Kind of a late reply, hope it helps,

Rod


----------



## reinhard

Not everyone uses it. However i do.  On smoked sausages i use one cup per 5 pounds of mix. This has always worked for me as i learned this when i was in the buisness and now retired.  You say you were happy with what you made but only need to tweek spices and adjust smoke. So you may have used a lean to fat ratio that turned out great without it.  The ratio of powder'd milk to the sausage mix can vary depending on the fat to lean ratio.

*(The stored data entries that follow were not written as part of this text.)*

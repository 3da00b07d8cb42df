-- ===== src/Persistence/ReadBack.antt =====
-- What an aggregate that was read from a document has of it.
use webhook_idp.Subscription.Aggregate.{WebhookSubscription, restore}
use webhook_idp.Subscription.TargetUrl.{UrlParser, target_url_from_string}
use webhook_idp.Subscription.ValueObjects.{
  TenantId, SubscriptionId, tenant_id_from_string, client_id_from_string, event_type_from_string,
  subscription_id_from_string,
}
use webhook_idp.Common.Exec.{ok, >>=-eq-ok, map_result}
use webhook_idp.Common.Text.{Text}
use webhook_idp.Common.{◌≡◌, Bool, [], arith}
use webhook_idp.Persistence.{SubscriptionRecord, to_aggregate, optional_user_id}

pub subscription_id-value :
    (is_valid_uuid : Text → Bool) (v : Text) (id : SubscriptionId)
    → subscription_id_from_string is_valid_uuid v ≡ ok id
    → id.value ≡ v
unfolding subscription_id_from_string
subscription_id-value is_valid_uuid v id h = ground arith

pub tenant_id-value : (v : Text) (t : TenantId) → tenant_id_from_string v ≡ ok t → t.value ≡ v
unfolding tenant_id_from_string
tenant_id-value v t h = ground arith

pub record IsReadOf (doc : SubscriptionRecord) (s : WebhookSubscription) : Type 0 where
  pub id : s.id.value ≡ doc.id
  pub tenant_id : s.tenant_id.value ≡ doc.tenant_id
  pub status : s.status ≡ doc.status
  pub created_at : s.created_at ≡ doc.created_at
  pub events : s.domain_events ≡ []

-- An aggregate that was read from a document has its id, tenant, status and creation time, and no
-- recorded events.
pub to_aggregate-IsReadOf :
    (is_valid_uuid : Text → Bool) (parse : UrlParser) (doc : SubscriptionRecord)
    (s : WebhookSubscription)
    → to_aggregate is_valid_uuid parse doc ≡ ok s
    → IsReadOf doc s
unfolding to_aggregate restore
to_aggregate-IsReadOf is_valid_uuid parse doc s h =
    let (id, hid, h) = >>=-eq-ok (subscription_id_from_string is_valid_uuid doc.id) _ h in
    let (tenant, htenant, h) = >>=-eq-ok (tenant_id_from_string doc.tenant_id) _ h in
    let (client, hclient, h) = >>=-eq-ok (client_id_from_string doc.created_by_client_id) _ h in
    let (user, huser, h) = >>=-eq-ok (optional_user_id doc.created_by_user_id) _ h in
    let (url, hurl, h) = >>=-eq-ok (target_url_from_string parse doc.target_url) _ h in
    let (types, htypes, h) =
      >>=-eq-ok (map_result event_type_from_string doc.subscribed_event_types) _ h in
    record {
      id = ground (arith, subscription_id-value is_valid_uuid doc.id id hid);
      tenant_id = ground (arith, tenant_id-value doc.tenant_id tenant htenant);
      status = ground arith;
      created_at = ground arith;
      events = ground arith;
    }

The more fat, the more binder or powder'd milk in my opinion.  These binders absorb excess moisture and reduces shrinkage, giving you a better texture and form to your link or fibrous casing for summer sausage for example.  Reinhard


----------



## darwin101

My first batch was a #7 pork butt.  I removed the bone and the bits that I did not think should be included. (thin lacy-slimy fatty tissue)   Stupid me did not weigh the final product to be ground and I used spices for a #5 recipe plus a few extras, but not enough. Even worse I did not cook off a sample before I stuffed the sausage, so all of that is on me. I smoked the links for nearly 6 hours in a cool/warm kettle, then in the oven to get the internal temp of 150.  Anyway the mix was on the lean side and needed more spice and smoke, still much better than anything in the stores. To be honest it was not a true Andouille that I grew up with, it looked a bit more like a kielbasa.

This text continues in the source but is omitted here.